INPUT |
%%

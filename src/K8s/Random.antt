-- ===== src/K8s/Random.antt =====
-- computing/docker/random.go and lib/tool/random.go: the random texts behind names.
use computing_api.Base.{
  All, Result, Str, [], ap, arith, bind, length, map, ok, panic, refl, suc, zero, ℕ, ◌++◌, ◌+◌, ◌<◌,
  ◌∷◌, ◌≡◌, ◌≤◌, ◌⊎◌,
}

abbrev source : Str
source =
    map {A = ℕ} {B = ℕ} (λ i. b'a' + i)
      (0 ∷ 1 ∷ 2 ∷ 3 ∷ 4 ∷ 5 ∷ 6 ∷ 7 ∷ 8 ∷ 9 ∷ 10 ∷ 11 ∷ 12 ∷ 13 ∷ 14 ∷ 15 ∷ 16 ∷ 17 ∷ 18 ∷ 19 ∷ 20
        ∷ 21 ∷ 22 ∷ 23 ∷ 24 ∷ 25 ∷ [])
    ++ map {A = ℕ} {B = ℕ} (λ i. b'0' + i) (0 ∷ 1 ∷ 2 ∷ 3 ∷ 4 ∷ 5 ∷ 6 ∷ 7 ∷ 8 ∷ 9 ∷ [])

abbrev byte_at : Str → ℕ → Result ℕ
byte_at [] i = panic "index out of range"
byte_at (c ∷ s) zero = ok c
byte_at (c ∷ s) (suc i) = byte_at s i

-- The loop of `generateString`; `draw` gives what `rand.Intn(len(source))` returns in each round.
unfoldable pub draw_bytes : (ℕ → ℕ) → ℕ → ℕ → Result Str
draw_bytes draw i zero = ok []
draw_bytes draw i (suc n) =
    bind (byte_at source (draw i)) λ c. bind (draw_bytes draw (suc i) n) λ s. ok (c ∷ s)

unfoldable pub generate_string : (ℕ → ℕ) → ℕ → Result Str
unfolding draw_bytes
generate_string draw n = draw_bytes draw 0 n

-- `GenerateRandomString` of lib/tool/random.go, which is the same.
unfoldable generate_random_string : (ℕ → ℕ) → ℕ → Result Str
unfolding draw_bytes
generate_random_string draw n = draw_bytes draw 0 n

-- A byte that the name of a Kubernetes object may have anywhere.
abbrev pub IsNameByte : ℕ → Type 0
IsNameByte c = ((b'a' ≤ c) × (c ≤ b'z')) ⊎ ((b'0' ≤ c) × (c ≤ b'9'))

byte_at-All :
    (P : ℕ → Type 0) (s : Str) (i : ℕ)
    → All P s
    → i < length s
    → (c : ℕ) × (byte_at s i ≡ ok c) × P c
byte_at-All P [] i h low = absurd (omega arith)
byte_at-All P (c ∷ s) zero (p, h) low = (c, refl, p)
byte_at-All P (c ∷ s) (suc i) (p, h) low = byte_at-All P s i h (omega arith)

source-All : All IsNameByte source
source-All = ground arith

draw_bytes_total :
    (draw : ℕ → ℕ) (i n : ℕ)
    → ((j : ℕ) → draw j < 36)
    → (s : Str) × (draw_bytes draw i n ≡ ok s) × (length s ≡ n) × All IsNameByte s
unfolding draw_bytes
draw_bytes_total draw i zero h = ([], refl, refl, tt)
draw_bytes_total draw i (suc n) h =
    let (c, at, p) = byte_at-All IsNameByte source (draw i) source-All (h i) in
    let (s, drawn, long, ps) = draw_bytes_total draw (suc i) n h in
    (c ∷ s, rw (at, drawn) refl, ap suc long, (p, ps))

-- Where every draw is below 36, as `rand.Intn(36)` promises, no index is out of range, and the text
-- has the length that is asked for and is made of lower-case letters and digits.
generate_string_total :
    (draw : ℕ → ℕ) (n : ℕ)
    → ((j : ℕ) → draw j < 36)
    → (s : Str) × (generate_string draw n ≡ ok s) × (length s ≡ n) × All IsNameByte s
unfolding generate_string
generate_string_total draw n h = draw_bytes_total draw 0 n h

%%

THE PROBLEM | Your task is to retype the entries verbatim, starting with the line that holds "18 ∷ 19 ∷ 20" and stopping after the line that holds "is the same.".

ANSWER BELOW |
      (0 ∷ 1 ∷ 2 ∷ 3 ∷ 4 ∷ 5 ∷ 6 ∷ 7 ∷ 8 ∷ 9 ∷ 10 ∷ 11 ∷ 12 ∷ 13 ∷ 14 ∷ 15 ∷ 16 ∷ 17 ∷ 18 ∷ 19 ∷ 20
        ∷ 21 ∷ 22 ∷ 23 ∷ 24 ∷ 25 ∷ [])
    ++ map {A = ℕ} {B = ℕ} (λ i. b'0' + i) (0 ∷ 1 ∷ 2 ∷ 3 ∷ 4 ∷ 5 ∷ 6 ∷ 7 ∷ 8 ∷ 9 ∷ [])

abbrev byte_at : Str → ℕ → Result ℕ
byte_at [] i = panic "index out of range"
byte_at (c ∷ s) zero = ok c
byte_at (c ∷ s) (suc i) = byte_at s i

-- The loop of `generateString`; `draw` gives what `rand.Intn(len(source))` returns in each round.
unfoldable pub draw_bytes : (ℕ → ℕ) → ℕ → ℕ → Result Str
draw_bytes draw i zero = ok []
draw_bytes draw i (suc n) =
    bind (byte_at source (draw i)) λ c. bind (draw_bytes draw (suc i) n) λ s. ok (c ∷ s)

unfoldable pub generate_string : (ℕ → ℕ) → ℕ → Result Str
unfolding draw_bytes
generate_string draw n = draw_bytes draw 0 n

-- `GenerateRandomString` of lib/tool/random.go, which is the same.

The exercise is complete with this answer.